I will also be using fort mcalister, looks closest besides using kilkennys but i dont have lifting eyes either, mcalister starts in the ogeechee river then turn right on bear river to the south part of ossabaw island into newell creek from the maps ive seen


----------



## Semi-Pro (Feb 1, 2015)

I was hoping someone has some trails on their gps they could post. and a closer ramp. I called the ft. and they said 15 miles. Also concerned about any oyster beds or sandbars we need to watch out for. I am sure it will be no problem but I like to be as prepared as possible. Thanks


----------



## Sharkfighter (Feb 1, 2015)

Demries Creek may be closer  The red bird creek also is closer then Ossabaw  

you should be ok but the sandbars can be tricky if you dont have a chart and good depth finder


----------



## g0nef1sshn (Feb 2, 2015)

try to run a trip out there ahead of the hunt maybe?


----------



## Semi-Pro (Feb 2, 2015)

g0nef1sshn said:


> try to run a trip out there ahead of the hunt maybe?

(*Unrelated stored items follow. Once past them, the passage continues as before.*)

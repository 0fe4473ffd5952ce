-- ===== src/Examples/Ring.antt =====
-- A ring of results that goes round the end of its array.
use unfs3_raft.Base.{ℕ, ◌+◌, ◌*◌, ◌≡◌, List, [], ◌∷◌, ◌++◌, some, arith}
use unfs3_raft.Raft.Ring.{Item, Ring, capacity, put_result, collect}
use unfs3_raft.Raft.Ring.Fifo.{IsValid, contents, newest, put_result-contents}
use unfs3_raft.Raft.Ring.Collect.{
  first_of, Collects, Absent, put_all, collect-Collects, collect-put_all,
}

abbrev buffer : ℕ → Item ℕ
buffer i = record { index = i + 1; data_ptr = 10 * i }

-- Three results are waiting, in the slots 998, 999 and 0.
abbrev waiting : Ring ℕ
waiting = record { result_buffer = buffer; write_pos = 1; read_pos = 998 }

waiting-IsValid : IsValid waiting
waiting-IsValid = record { write_in = omega arith; read_in = omega arith }

-- No slot is left: the next result takes the oldest one's place.
abbrev full : Ring ℕ
full = record { result_buffer = buffer; write_pos = 4; read_pos = 5 }

full-IsValid : IsValid full
full-IsValid = record { write_in = omega arith; read_in = omega arith }

waiting-Absent : Absent 7 (contents waiting)
waiting-Absent = (omega arith, (omega arith, (omega arith, tt)))

abbrev others : List (Item ℕ)
others = record { index = 5; data_ptr = 50 } ∷ record { index = 6; data_ptr = 60 } ∷ []

others-Absent : Absent 7 others
others-Absent = (omega arith, (omega arith, tt))

put_result-contents_example :
    contents (put_result 7 70 full)
    ≡ newest 999 (contents full ++ (record { index = 7; data_ptr = 70 } ∷ []))
put_result-contents_example = put_result-contents 7 70 full full-IsValid

collect-Collects_example : Collects 7 (first_of 7 (contents waiting)) (collect capacity 7 waiting)
collect-Collects_example = collect-Collects 7 waiting waiting-IsValid

collect-put_all_example :
    Collects 7 (some 70, []) (collect capacity 7 (put_result 7 70 (put_all others waiting)))
collect-put_all_example =
    collect-put_all 7 others 70 waiting waiting-IsValid others-Absent waiting-Absent
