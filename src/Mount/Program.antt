-- ===== src/Mount/Program.antt =====
-- daemon.c: mountprog_3, and the procedures of mount.c that only read.
use unfs3_raft.Base.{ℕ, List, Option, none, some, ◌==◌, if◌then◌else◌}
use unfs3_raft.Fs.{FilePath}
use unfs3_raft.Exports.Build.{ExportNode}
use unfs3_raft.Server.{Config, Run, ◌>>=◌, pure}
use unfs3_raft.Mount.{MountBody, Mounts, MountRes, Caller, mnt, umnt, umntall}

pub data MountProc : Type 0 where
  mountproc_null mountproc_mnt mountproc_dump mountproc_umnt : MountProc
  mountproc_umntall mountproc_export : MountProc

-- What is sent: a result, svcerr_noproc or svcerr_decode.
pub data MountReply : Type 0 where
  void_reply noproc not_decoded : MountReply
  mountres3 : MountRes → MountReply
  mountlist : List MountBody → MountReply
  exports : List ExportNode → MountReply

unfoldable pub mount_proc : ℕ → Option MountProc
mount_proc rq_proc =
    if rq_proc == 0
    then some mountproc_null
    else if rq_proc == 1
    then some mountproc_mnt
    else if rq_proc == 2
    then some mountproc_dump
    else if rq_proc == 3
    then some mountproc_umnt
    else if rq_proc == 4
    then some mountproc_umntall
    else if rq_proc == 5
    then some mountproc_export
    else none

module _ (c : Config) (k : Caller c.backend.Os) (exports_nfslist : List ExportNode) where
  -- `path` is the argument where there is one.
  unfoldable pub run_mount_proc :
      MountProc → FilePath → Mounts → Run c.backend.Os (MountReply × Mounts)
  run_mount_proc mountproc_null path m = pure (void_reply, m)
  run_mount_proc mountproc_mnt path m = do (res, m') ← mnt c k path m; pure (mountres3 res, m')
  run_mount_proc mountproc_dump path m = pure (mountlist m.mount_list, m)
  run_mount_proc mountproc_umnt path m = do m' ← umnt c k path m; pure (void_reply, m')
  run_mount_proc mountproc_umntall path m = do m' ← umntall c k m; pure (void_reply, m')
  run_mount_proc mountproc_export path m = pure (exports exports_nfslist, m)

  -- `argument` is what svc_getargs gives, and `none` if it fails; without an argument, any path.
  unfoldable pub mountprog_3 : ℕ → Option FilePath → Mounts → Run c.backend.Os (MountReply × Mounts)
  mountprog_3 rq_proc argument m = elim (mount_proc rq_proc) [
    | none ↦ pure (noproc, m)
    | some proc ↦ elim argument [
      | none ↦ pure (not_decoded, m)
      | some path ↦ run_mount_proc proc path m
    ]
  ]
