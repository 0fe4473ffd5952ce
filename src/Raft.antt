-- ===== src/Raft.antt =====
-- daemon_raft.c: how the server replicates its operations.
pub mod Wire
pub mod Ring
pub mod Net
pub mod Apply
pub mod Handles
pub mod Replicate
pub mod Peers
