-- ===== src/Raft/Handles/Adjust.antt =====
-- What becomes of a handle of another server.
use unfs3_raft.Base.{
  ℕ, ◌≡◌, ◌≢◌, refl, ap, subst, not, List, ◌++◌, some, take, drop, length-take, take-append_self,
  ◌==◌, if_intro, arith, ne→==, ==_iff,
}
use unfs3_raft.Bytes.{ByteOrder}
use unfs3_raft.Fh.{Fh, NfsFh, fh_encode}
use unfs3_raft.Fh.Codec.{Fits, fh_decode-fh_encode}
use unfs3_raft.Raft.Handles.{adjust_handle}

module _ (host : ByteOrder) (junk : List ℕ) (obj : Fh) (fits : Fits obj) where
  -- The unused part of the array is not encoded.
  encode_used :
      (dev : ℕ)
      → fh_encode host (record obj { dev = dev; inos = take obj.len obj.inos ++ drop obj.len junk })
        ≡ fh_encode host (record obj { dev = dev })
  unfolding fh_encode
  encode_used dev = rw used refl
    where
      used : take obj.len (take obj.len obj.inos ++ drop obj.len junk) ≡ take obj.len obj.inos
      used =
          subst (λ n. take n (take obj.len obj.inos ++ drop obj.len junk) ≡ take obj.len obj.inos)
            (omega (arith, length-take obj.len obj.inos, fits.len, fits.array))
            (take-append_self (take obj.len obj.inos) (drop obj.len junk))

  -- A handle with no component, whose fields are in range, becomes the local root handle; any other
  -- becomes the same handle with the local device: the inode, the generation, the password hash and
  -- the hashes of the path stay as they are on the server that logged the call.
  pub adjust_handle-fh_encode :
      (local_root_fh : NfsFh) (local_fsid : ℕ)
      → (obj.len ≡ 0
          → adjust_handle host junk (some (local_root_fh, local_fsid)) (fh_encode host obj)
            ≡ some local_root_fh)
        × (obj.len ≢ 0
            → adjust_handle host junk (some (local_root_fh, local_fsid)) (fh_encode host obj)
              ≡ some (fh_encode host (record obj { dev = local_fsid })))
  unfolding adjust_handle
  adjust_handle-fh_encode local_root_fh local_fsid = (
    λ root. rw (fh_decode-fh_encode host junk obj fits, (==_iff obj.len 0).1 root) refl,
    λ below.
        rw (fh_decode-fh_encode host junk obj fits, ne→== obj.len 0 below)
          (if_intro (λ fh. some fh ≡ some (fh_encode host (record obj { dev = local_fsid })))
            (not (obj.dev == local_fsid)) _ (fh_encode host obj)
            (λ _. ap some (encode_used local_fsid))
            (λ same.
              ap (λ dev. some (fh_encode host (record obj { dev = dev }))) {x = obj.dev}
                (ground arith))),
  )
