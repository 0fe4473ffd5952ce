-- ===== src/User/Switch.antt =====
-- When the rights of the process change.
use unfs3_raft.Base.{ℕ, ◌≡◌, refl, Bool, true, false, not, ◌||◌, some, ◌==◌, if◌then◌else◌}
use unfs3_raft.User.{
  ExportOptions, Ids, Request, System, uid_squash, gid_squash, mangle, get_uid, get_gid,
  switch_to_root, switch_user,
}

module _ (sys : System) (opts : ExportOptions) where
  open sys use {State, getuid, getgid}

  -- The squashed ids that a server without root's rights works with.
  abbrev pub fixed_ids : State → Ids
  fixed_ids st = record { squash_uid = getuid st; squash_gid = getgid st; can_switch = false }

  -- A server in single user mode, or without root's rights, never changes its own rights: the first
  -- `switch_user` and every later one leave them alone, `switch_to_root` does nothing, and all user
  -- and group ids are squashed to one, that of the export or of the process.
  pub switch_user-single_user :
      (opt_singleuser : Bool) (ids : Ids) (req : Request) (st : State)
      → ids.can_switch ≡ true
      → (opt_singleuser || not (getuid st == 0)) ≡ true
      → (switch_user sys opts opt_singleuser ids req st ≡ some (fixed_ids st, req, st))
        × ((req' : Request) (st' : State)
            → (switch_user sys opts opt_singleuser (fixed_ids st) req' st'
                ≡ some (fixed_ids st, req', st'))
              × (switch_to_root sys (fixed_ids st) st' ≡ st')
              × (get_uid opts (fixed_ids st) req' ≡ uid_squash opts (fixed_ids st))
              × (get_gid opts (fixed_ids st) req' ≡ gid_squash opts (fixed_ids st)))
  unfolding switch_user switch_to_root get_uid get_gid mangle
  switch_user-single_user opt_singleuser ids req st can single = (
    rw (can, single) refl,
    λ req' st'. (
      refl,
      refl,
      same req'.is_unix (uid_squash opts (fixed_ids st)),
      same req'.is_unix (gid_squash opts (fixed_ids st)),
    ),
  )
    where
      same : (b : Bool) (n : ℕ) → (if b then n else n) ≡ n
      same true n = refl
      same false n = refl
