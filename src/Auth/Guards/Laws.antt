-- ===== src/Auth/Guards/Laws.antt =====
-- web/src/lib/server-auth.ts with web/src/proxy.ts and web/src/actions/auth.ts: where a visitor ends.
use scylladb_grpc_microservi.Common.{
  ℕ, String, ◌≡◌, ◌≢◌, ◌⊎◌, inl, inr, refl, Bool, true, false, Option, none, some, arith,
  Bool-cases,
}
use scylladb_grpc_microservi.Auth.Jwks.{JwksState, Outside}
use scylladb_grpc_microservi.Auth.Validate.{Jose, JwksEnv, validate_refresh_token}
use scylladb_grpc_microservi.Auth.Cookies.{
  CookieJar, cookie_value, apply_writes, refresh_token_cookie_name,
}
use scylladb_grpc_microservi.Auth.Proxy.{ProxyContext, proxy}
use scylladb_grpc_microservi.Auth.Proxy.Laws.{proxy-login, proxy-passes_iff}
use scylladb_grpc_microservi.Auth.Csrf.{RequestHeaders, assert_same_origin_request}
use scylladb_grpc_microservi.Auth.Actions.{AuthService, ActionState, logout_action}
use scylladb_grpc_microservi.Auth.Actions.Laws.{logout_action_lem}
use scylladb_grpc_microservi.Auth.Guards.{
  is_valid, has_server_session, require_authenticated, require_guest,
}

module _ (jose : Jose) (outside : Outside) (env : JwksEnv) (p : Bool) where
  missing_token :
      (now : ℕ) (token : Option String) (s : JwksState)
      → token ≡ none
      → is_valid (validate_refresh_token jose outside env now token s).1 ≡ false
  unfolding validate_refresh_token
  missing_token now none s e = refl
  missing_token now (some t) s e = cc

  no_session :
      (now : ℕ) (jar : CookieJar) (s : JwksState)
      → jar (refresh_token_cookie_name p) ≡ none
      → (has_server_session jose outside env p now jar s).1 ≡ false
  unfolding has_server_session
  no_session now jar s gone =
      missing_token now (cookie_value (refresh_token_cookie_name p) jar) s (ground arith)

  -- Without a refresh cookie, the pages for guests are shown and the others redirect to "/login".
  pub guards-no_session :
      (now : ℕ) (jar : CookieJar) (s : JwksState)
      → jar (refresh_token_cookie_name p) ≡ none
      → ((require_guest jose outside env p now jar s).1 ≡ none)
        × ((require_authenticated jose outside env p now jar s).1 ≡ some "/login")
  unfolding require_guest require_authenticated
  guards-no_session now jar s gone =
      let none_there = no_session now jar s gone in ground (arith, none_there)

  -- For every visitor exactly one of the two guards redirects: the guests' pages to "/workspace", or the
  -- others to "/login".
  pub guards_exclusive :
      (now : ℕ) (jar : CookieJar) (s : JwksState)
      → (((require_guest jose outside env p now jar s).1 ≡ some "/workspace")
          × ((require_authenticated jose outside env p now jar s).1 ≡ none))
        ⊎ (((require_guest jose outside env p now jar s).1 ≡ none)
            × ((require_authenticated jose outside env p now jar s).1 ≡ some "/login"))
  unfolding require_guest require_authenticated
  guards_exclusive now jar s =
      elim (Bool-cases (has_server_session jose outside env p now jar s).1) [
        | inl session ↦ inl (rw session (refl, refl))
        | inr none_there ↦ inr (rw none_there (refl, refl))
      ]

  -- After a logout from the same origin outside production, whatever the auth service does, the guarded pages redirect to
  -- "/login" and the login page is shown, at any later time and in any state of the key cache.
  pub logout-guards :
      (service : AuthService) (url_host : String → Option String) (h : RequestHeaders)
      (a : ActionState) (now : ℕ) (s : JwksState)
      → assert_same_origin_request url_host h ≡ true
      → p ≡ false
      → let jar = (logout_action service url_host p h a).0.jar in
        ((require_guest jose outside env p now jar s).1 ≡ none)
        × ((require_authenticated jose outside env p now jar s).1 ≡ some "/login")
  logout-guards service url_host h a now s same dev =
      guards-no_session now (logout_action service url_host p h a).0.jar s
        ((logout_action_lem service url_host p h a same).1.development dev).refresh_gone

session_kept :
    (jose : Jose) (outside : Outside) (env : JwksEnv) (p : Bool) (now : ℕ) (jar : CookieJar)
    (s : JwksState)
    → is_valid
        (validate_refresh_token jose outside env now
          (cookie_value (refresh_token_cookie_name p) jar)
          s).1
      ≡ true
    → (require_guest jose outside env p now jar s).1 ≡ some "/workspace"
unfolding require_guest has_server_session
session_kept jose outside env p now jar s h = rw h refl

-- Where a visitor ends whom the middleware sends to "/login". Outside production there is no redirect
-- loop: he is shown the login page, since the redirect has taken the refresh cookie; this at any later
-- time and in any state of the key cache. In production the browser keeps all its cookies, and if its
-- refresh token is still accepted, as where only the refresh failed, the login page sends him back to
-- "/workspace".
pub proxy-login-guest :
    (c : ProxyContext) (request browser : CookieJar) (s s' : JwksState) (now : ℕ)
    → (proxy c request s).1.redirect ≢ none
    → let after = apply_writes (proxy c request s).1.cookies browser in
      let guest = (require_guest c.jose c.outside c.env c.is_production now after s').1 in
      ((proxy c request s).1.redirect ≡ some "/login")
      × (c.is_production ≡ false → guest ≡ none)
      × (c.is_production ≡ true
          → (after ≡ browser)
            × (is_valid
                    (validate_refresh_token c.jose c.outside c.env now
                      (cookie_value (refresh_token_cookie_name c.is_production) browser)
                      s').1
                  ≡ true
                → guest ≡ some "/workspace"))
proxy-login-guest c request browser s s' now sent =
    let (there, cleared) = proxy-login c request s browser sent in
    let after = apply_writes (proxy c request s).1.cookies browser in
    (
      there,
      λ dev.
          (guards-no_session c.jose c.outside c.env c.is_production now after s'
            (cleared.development dev).refresh_gone).0,
      λ prod. (
        cleared.production prod,
        λ accepted.
            rw (cleared.production prod)
              (session_kept c.jose c.outside c.env c.is_production now browser s' accepted),
      ),
    )

-- A request that the middleware lets through with the time and the state of the key cache passes the
-- guard of the pages too.
pub proxy-passes-guard :
    (c : ProxyContext) (request : CookieJar) (s : JwksState)
    → (proxy c request s).1.redirect ≡ none
    → (require_authenticated c.jose c.outside c.env c.is_production c.now request s).1 ≡ none
unfolding require_authenticated has_server_session
proxy-passes-guard c request s passed =
    let ((payload, accepted), how) = (proxy-passes_iff c request s).0 passed in rw accepted refl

Ramp is 5 hrs. away from the house


----------



## Southernhoundhunter (Feb 2, 2015)

Better check the forecast before heading this way, for both going to and coming back. If you're going into Newell, it can get very rough, especially when the tide is fighting the wind. I've seen 4 footers there before


----------



## kelbro (Feb 2, 2015)

One note on getting into Newell Creek,  take a look at it on Google earth,  you will see there is some shoaling just before you get to the creek mouth and it comes into the bay pointing toward the ocean side, you have to make a big wide loop and go into the mouth almost coming in from the ocean side. And be aware Jacob's creek is just up the way, it's pretty easy to miss Newell and end up in Jacob's. Not saying I've done it of course.


----------



## GEAUXFIISHING (Feb 3, 2015)

This time of year, weather is key. 17ft AL boat will beat you to death in a little chop. The winds have been horrible and making either choice Florida Passage through FT McAlister or crossing ST Cats into Newell are very dangerous. You will be moving across big bodies of water in multiple directions and if you don't have a GPS and Depth Finder don't even load the boat. You will be making calls to the Coast Guard stranded. Depending on date, I can take you, as long as I get to shoot a hog. It you have a 17 ft boat YOU CAN PICK UP AND TRAILER ON YOUR ON, you might be able to drop and load somewhere on Belle Island Rd. You didn't hear that from me. OR call Mark Lewis and he can take you across for a fee.


----------



## j_seph (Feb 3, 2015)

Tie your boat to the dock and not a post


----------



## Semi-Pro (Feb 4, 2015)

All great advice, thanks


----------



## wray912 (Feb 5, 2015)

all of the noaa charts are online now 11511 is the chart for Ossabaw shows a lot of info on these maps

http://www.charts.noaa.gov/PDFs/PDFs.shtml


----------



## Semi-Pro (Feb 5, 2015)

wray912 said:


> all of the noaa charts are online now 11511 is the chart for Ossabaw shows a lot of info on these maps
> 
> http://www.charts.noaa.gov/PDFs/PDFs.shtml



This is exactly what i needed. Is this at high tide? Thanks, and I can see the point at the mouth if the creek that we need to avoid.


----------



## Semi-Pro (Feb 6, 2015)

If i am reading right high tide is at 10:38 am.


----------



## Sharkfighter (Feb 6, 2015)

Semi-Pro said:


> If i am reading right high tide is at 10:38 am.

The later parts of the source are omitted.